Elle a choisi dans son répertoire quatre ou cinq amies. Elle ne les a pas sélectionnées au hasard, mais leur a fait subir une sorte de casting mental. Fallait qu’elles répondent à certains critères, le cahier des charges était assez lourd. Suffisamment proches et disponibles pour pouvoir tout entendre. Patientes, pour ne pas l’envoyer trop rapidement promener. Généreuses aussi, parce qu’elle avait besoin d’aide. Bref, les heureuses élues ont toutes été appelées une première fois pour un vidage de sac complet et brutal, du genre cabas qu’on retourne pour que tout tombe par terre, en vrac sur le trottoir. C’était l’introduction, fallait bien les mettre au courant. Les heureuses élues ont toutes été abasourdies. Elles n’en revenaient pas : « Pas vous, c’est pas possible, vous êtes tellement unis » ou alors : « Pour moi vous étiez le couple parfait, qui fait rêver ».

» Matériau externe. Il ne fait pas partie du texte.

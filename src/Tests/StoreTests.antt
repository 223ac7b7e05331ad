-- ===== src/Tests/StoreTests.antt =====
-- Runs of the store's statements on small tables.
use drone_runner_aws.Base.{
  List, [], ◌∷◌, true, false, All, Distinct, ◌≡◌, ◌≢◌, refl, inl, arith, map,
}
use drone_runner_aws.Base.Result.{ok, err}
use drone_runner_aws.Types.{Instance, created, in_use, hibernating, setup_instance, scale}
use drone_runner_aws.Store.Instances.{
  no_rows, find_and_claim, stamp, set_row, is_candidate, matches_claim, pick_first, comes_before,
  claim_row,
}
use drone_runner_aws.Store.Instances.Claim.{Claims, find_and_claim-Claims, find_and_claim-no_rows}
use drone_runner_aws.Store.Instances.Exclusive.{Request, winners, winners-Distinct}
use drone_runner_aws.Store.Batch.{claim_up_to}
use drone_runner_aws.Store.Outbox.{Outbox, find_and_claim_pending, start_job, is_claimable}
use drone_runner_aws.Store.Outbox.Claim.{Claimed, find_and_claim_pending-Claimed}
use drone_runner_aws.Store.Outbox.Table.{Inv}
use drone_runner_aws.Store.Outbox.Windows.{Call, run, run-Inv}
use drone_runner_aws.Store.Outbox.Exclusive.{claim_twice}
use drone_runner_aws.Store.Placeholders.{shift_placeholders}
use drone_runner_aws.Store.Placeholders.Shift.{
  Piece, IsPiece, plain, hole, render, renumber, moved, shift_placeholders-moved,
}
use drone_runner_aws.Tests.{conn_at, row, two_rows, linux_query, global_job, one_job}

-- The older of the two is claimed.
abbrev claimed_row : Instance
claimed_row = stamp (conn_at 100) in_use true (row "vm-2" created 10)

abbrev rows_after : List Instance
rows_after = row "vm-1" created 20 ∷ claimed_row ∷ []

claims_older :
    find_and_claim (conn_at 100) linux_query in_use (created ∷ []) true two_rows
    ≡ (ok claimed_row, rows_after)
unfolding find_and_claim matches_claim pick_first comes_before claim_row set_row
claims_older = refl

find_and_claim-Claims_example :
    Claims (conn_at 100) linux_query in_use (created ∷ []) true two_rows claimed_row rows_after
find_and_claim-Claims_example =
    find_and_claim-Claims (conn_at 100) linux_query in_use (created ∷ []) true two_rows claimed_row
      rows_after claims_older

none_hibernated :
    (find_and_claim (conn_at 100) linux_query in_use (hibernating ∷ []) true two_rows).0
    ≡ err no_rows
unfolding find_and_claim matches_claim pick_first comes_before claim_row set_row
none_hibernated = refl

find_and_claim-no_rows_example :
    is_candidate (conn_at 100) linux_query (hibernating ∷ []) (row "vm-1" created 20) ≡ false
find_and_claim-no_rows_example =
    find_and_claim-no_rows (conn_at 100) linux_query in_use (hibernating ∷ []) true two_rows
      none_hibernated (row "vm-1" created 20) (inl refl)

abbrev three_requests : List Request
three_requests =
    let r : Request = record {
      conn = conn_at 100;
      query = linux_query;
      update_start_time = true;
    } in
    r ∷ r ∷ r ∷ []

two_winners : winners in_use (created ∷ []) three_requests two_rows ≡ "vm-2" ∷ "vm-1" ∷ []
unfolding winners find_and_claim matches_claim pick_first comes_before claim_row set_row
two_winners = refl

winners-Distinct_example : Distinct (winners in_use (created ∷ []) three_requests two_rows)
winners-Distinct_example = winners-Distinct in_use (created ∷ []) refl refl three_requests two_rows

abbrev after_claim : Outbox
after_claim = record { jobs = start_job (conn_at 100) (global_job 0) ∷ []; next_id = 1 }

claims_job :
    find_and_claim_pending (conn_at 100) "" (setup_instance ∷ []) 5 2 one_job
    ≡ (ok (start_job (conn_at 100) (global_job 0) ∷ []), after_claim)
unfolding find_and_claim_pending claim_up_to is_claimable
claims_job = ground arith

find_and_claim_pending-Claimed_example :
    Claimed
      (conn_at 100)
      ""
      (setup_instance ∷ [])
      5
      2
      one_job
      after_claim
      (start_job (conn_at 100) (global_job 0) ∷ [])
find_and_claim_pending-Claimed_example =
    find_and_claim_pending-Claimed (conn_at 100) "" (setup_instance ∷ []) 5 2 one_job after_claim
      (start_job (conn_at 100) (global_job 0) ∷ []) claims_job

one_job-Inv : Inv one_job
one_job-Inv = record { ids = (omega arith, omega arith); windows = (tt, tt) }

run-Inv_example : Inv (
    run one_job
      (Call.create (conn_at 1) (global_job 0) ∷ Call.claim (conn_at 2) "" (scale ∷ []) 5 2 ∷ []))
run-Inv_example =
    run-Inv one_job
      (Call.create (conn_at 1) (global_job 0) ∷ Call.claim (conn_at 2) "" (scale ∷ []) 5 2 ∷ [])
      one_job-Inv

abbrev two_jobs : Outbox
two_jobs = record { jobs = global_job 0 ∷ global_job 1 ∷ []; next_id = 2 }

two_jobs-Inv : Inv two_jobs
two_jobs-Inv = record {
  ids = (omega arith, (omega arith, omega arith));
  windows = ((refl, tt), (tt, tt));
}

abbrev first_taken : Outbox
first_taken = record {
  jobs = start_job (conn_at 100) (global_job 0) ∷ global_job 1 ∷ [];
  next_id = 2;
}

abbrev both_taken : Outbox
both_taken = record {
  jobs = start_job (conn_at 100) (global_job 0) ∷ start_job (conn_at 101) (global_job 1) ∷ [];
  next_id = 2;
}

first_claim :
    find_and_claim_pending (conn_at 100) "" (setup_instance ∷ []) 1 2 two_jobs
    ≡ (ok (start_job (conn_at 100) (global_job 0) ∷ []), first_taken)
unfolding find_and_claim_pending claim_up_to is_claimable
first_claim = ground arith

second_claim :
    find_and_claim_pending (conn_at 101) "" (setup_instance ∷ []) 1 2 first_taken
    ≡ (ok (start_job (conn_at 101) (global_job 1) ∷ []), both_taken)
unfolding find_and_claim_pending claim_up_to is_claimable
second_claim = ground arith

claim_twice_example :
    (start_job (conn_at 100) (global_job 0)).id ≢ (start_job (conn_at 101) (global_job 1)).id
claim_twice_example =
    claim_twice two_jobs first_taken both_taken (conn_at 100) (conn_at 101) "" ""
      (setup_instance ∷ []) (setup_instance ∷ []) 1 1 2 2
      (start_job (conn_at 100) (global_job 0) ∷ []) (start_job (conn_at 101) (global_job 1) ∷ [])
      (start_job (conn_at 100) (global_job 0)) (start_job (conn_at 101) (global_job 1)) two_jobs-Inv
      first_claim second_claim (inl refl) (inl refl)

abbrev nine_sql : List Piece
nine_sql = plain b'a' ∷ hole 8 ∷ plain b' ' ∷ hole 9 ∷ []

nine_sql-pieces : All (IsPiece 9) nine_sql
nine_sql-pieces =
    ((λ e. omega (arith, e)), (omega arith, ((λ e. omega (arith, e)), (omega arith, tt))))

shift_placeholders-moved_example :
    shift_placeholders 9 (render nine_sql) ≡ render (map (renumber (moved 9)) nine_sql)
shift_placeholders-moved_example = shift_placeholders-moved 9 nine_sql (omega arith) nine_sql-pieces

Entre deux sanglots, Lola a raconté. Elle non plus ; elle ne savait pas que c’était possible. Pas eux. Trop proches. Ils n’étaient qu’un. Ils n’ont jamais vécu l’un sans l’autre. Ils ont grandi ensemble. C’est comme si on lui avait arraché la moitié de ses organes vitaux. Un peu siamois, ils étaient. A qui le cœur, à qui les reins, comment faire le partage ? Comment exister sans lui qui était une partie d’elle et réciproquement ? Lola parlait et s’entendait dire tout ce qu’elle ressentait profondément. Mais en même temps, une drôle de sensation, confuse, lointaine apparaîssait étrangement. Comme si elle s’observait elle-même. Comme si elle découvrait petit à petit qui elle était. Et si au fond elle avait toujours su que c’était possible sans jamais se l’avouer ? Cette pensée incongrue, elle ne la chassait pas, elle la mettait juste de côté.

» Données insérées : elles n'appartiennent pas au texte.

-- ===== src/Tests/TenantTests.antt =====
-- Runs of the resolution of tenants.
use drone_runner_aws.Base.{ℕ, String, List, [], ◌∷◌, Option, none, some, ◌≡◌, refl}
use drone_runner_aws.Base.Int.{pos}
use drone_runner_aws.Base.Text.{lookup, insert, text-differ}
use drone_runner_aws.Base.Result.{ok}
use drone_runner_aws.Config.Tenants.{
  override_by_id, Tenant, PoolInstance, ResolvedTenant, Accounts, resolve_tenants,
  resolve_overrides, check_groups, map_accounts, tenant_id, merge_variants, resolved,
  default_tenant,
}
use drone_runner_aws.Types.{PoolVariant, empty_params}
use drone_runner_aws.Config.Tenants.Merged.{find_variant, or_variant, merge_variants-find}
use drone_runner_aws.Config.Tenants.Accounts.{Resolves, resolve_tenants-Resolves}
use drone_runner_aws.Drivers.Tenants.{Pool, resolve_tenant, driver_for_tenant}
use drone_runner_aws.Drivers.Tenants.Route.{resolve_tenant-owner, owner, driver_for_tenant-member}

-- The spec is a text; a merge takes the override.
abbrev merge : String → String → Option String
merge base override = some override

abbrev acme : Tenant String
acme = record {
  ids = "acc-1" ∷ "acc-2" ∷ [];
  group_id = "acme";
  spec = none;
  pool = some (pos 3);
  limit = none;
  variants = [];
}

abbrev linux : PoolInstance String
linux = record {
  name = "linux";
  spec = some "base";
  pool = pos 1;
  limit = pos 9;
  variants = [];
  tenants = acme ∷ [];
}

abbrev two_tenants : List (ResolvedTenant String)
two_tenants = default_tenant merge linux "base" ∷ resolved merge linux acme "acme" "base" ∷ []

abbrev accounts : Accounts
accounts = ("acc-1", "acme") ∷ ("acc-2", "acme") ∷ []

resolves : resolve_tenants merge linux ≡ ok (two_tenants, accounts)
unfolding resolve_tenants resolve_overrides check_groups map_accounts tenant_id merge_variants
    lookup insert
resolves = refl

resolve_tenants-Resolves_example : Resolves linux two_tenants accounts
resolve_tenants-Resolves_example =
    resolve_tenants-Resolves merge linux two_tenants accounts resolves

-- A driver is a number.
abbrev linux_pool : Pool ℕ
linux_pool = record {
  max_size = pos 9;
  min_size = pos 1;
  driver = 0;
  variants = [];
  tenant_drivers = ("default", some 1) ∷ ("acme", some 2) ∷ [];
  account_to_tenant = accounts;
  tenants = [];
}

resolve_tenant-owner_example : resolve_tenant linux_pool "acc-2" ≡ owner "acc-2" (acme ∷ [])
resolve_tenant-owner_example =
    resolve_tenant-owner merge linux two_tenants linux_pool "acc-2" resolves
      (text-differ "acc-2" "" refl)

goes_to_acme : resolve_tenant linux_pool "acc-2" ≡ "acme"
unfolding resolve_tenant lookup
goes_to_acme = refl

no_own_driver : lookup "acc-1" linux_pool.tenant_drivers ≡ none
unfolding lookup
no_own_driver = refl

group_driver : lookup (resolve_tenant linux_pool "acc-1") linux_pool.tenant_drivers ≡ some (some 2)
unfolding lookup resolve_tenant
group_driver = refl

driver_for_tenant-member_example :
    (driver_for_tenant linux_pool "acc-1" ≡ 2)
    × (driver_for_tenant linux_pool (resolve_tenant linux_pool "acc-1") ≡ 2)
driver_for_tenant-member_example =
    driver_for_tenant-member linux_pool "acc-1" 2 no_own_driver group_driver

abbrev variant : String → ℕ → PoolVariant
variant id size = record {
  pool = size;
  limit = 9;
  params = record empty_params { variant_id = id };
}

merge_variants-find_example :
    find_variant "b"
      (merge_variants (variant "a" 1 ∷ variant "b" 1 ∷ []) (variant "b" 2 ∷ variant "c" 3 ∷ []))
    ≡ or_variant
        (override_by_id "b" (variant "b" 2 ∷ variant "c" 3 ∷ []))
        (find_variant "b" (variant "a" 1 ∷ variant "b" 1 ∷ []))
merge_variants-find_example =
    merge_variants-find "b" (variant "a" 1 ∷ variant "b" 1 ∷ [])
      (variant "b" 2 ∷ variant "c" 3 ∷ []) refl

Elle pleure encore et encore sur son malheur. Abandon. Il n’y a aucun mot qui peut remplacer celui-là. Quand on est abandonné, c’est qu’on ne mérite pas d’être aimé. Supplier, quémander, ne sert à rien, bien au contraire. Elle le sait. Elle ne demande rien à Marcello, et surtout pas de l’aimer. Totalement désemparée, elle s’est tournée vers ce qui lui restait : ses amies. De toute façon, à 44 ans, elle sait très bien qu’elle n’intéréssera plus aucun homme. Trop tard, trop vieille, trop tout. Les hommes sont malins. A nos âges ils vont chercher les femmes qui ont dix, quinze ans de moins qu’eux. Elle regrette presque que le sien n’en ait pas fait autant il y a une dizaine d’années. La souffrance serait derrière, digérée, avalée. Et puis surtout, ça lui aurait laissé une chance de refaire sa vie quand il en était encore tant. Pas comme maintenant où elle est condamnée à la solitude. Horrible sensation de s’être fait avoir. Il a pris d’elle le meilleur, ses plus belles années, sa jeunesse, son insouciance. Il la largue sans aucun scrupule à l’âge où plus grand-chose n’est possible pour elle. La solitude comme seule alternative.
Abandon. Total, définitif, cruel. Injuste aussi, bien sûr.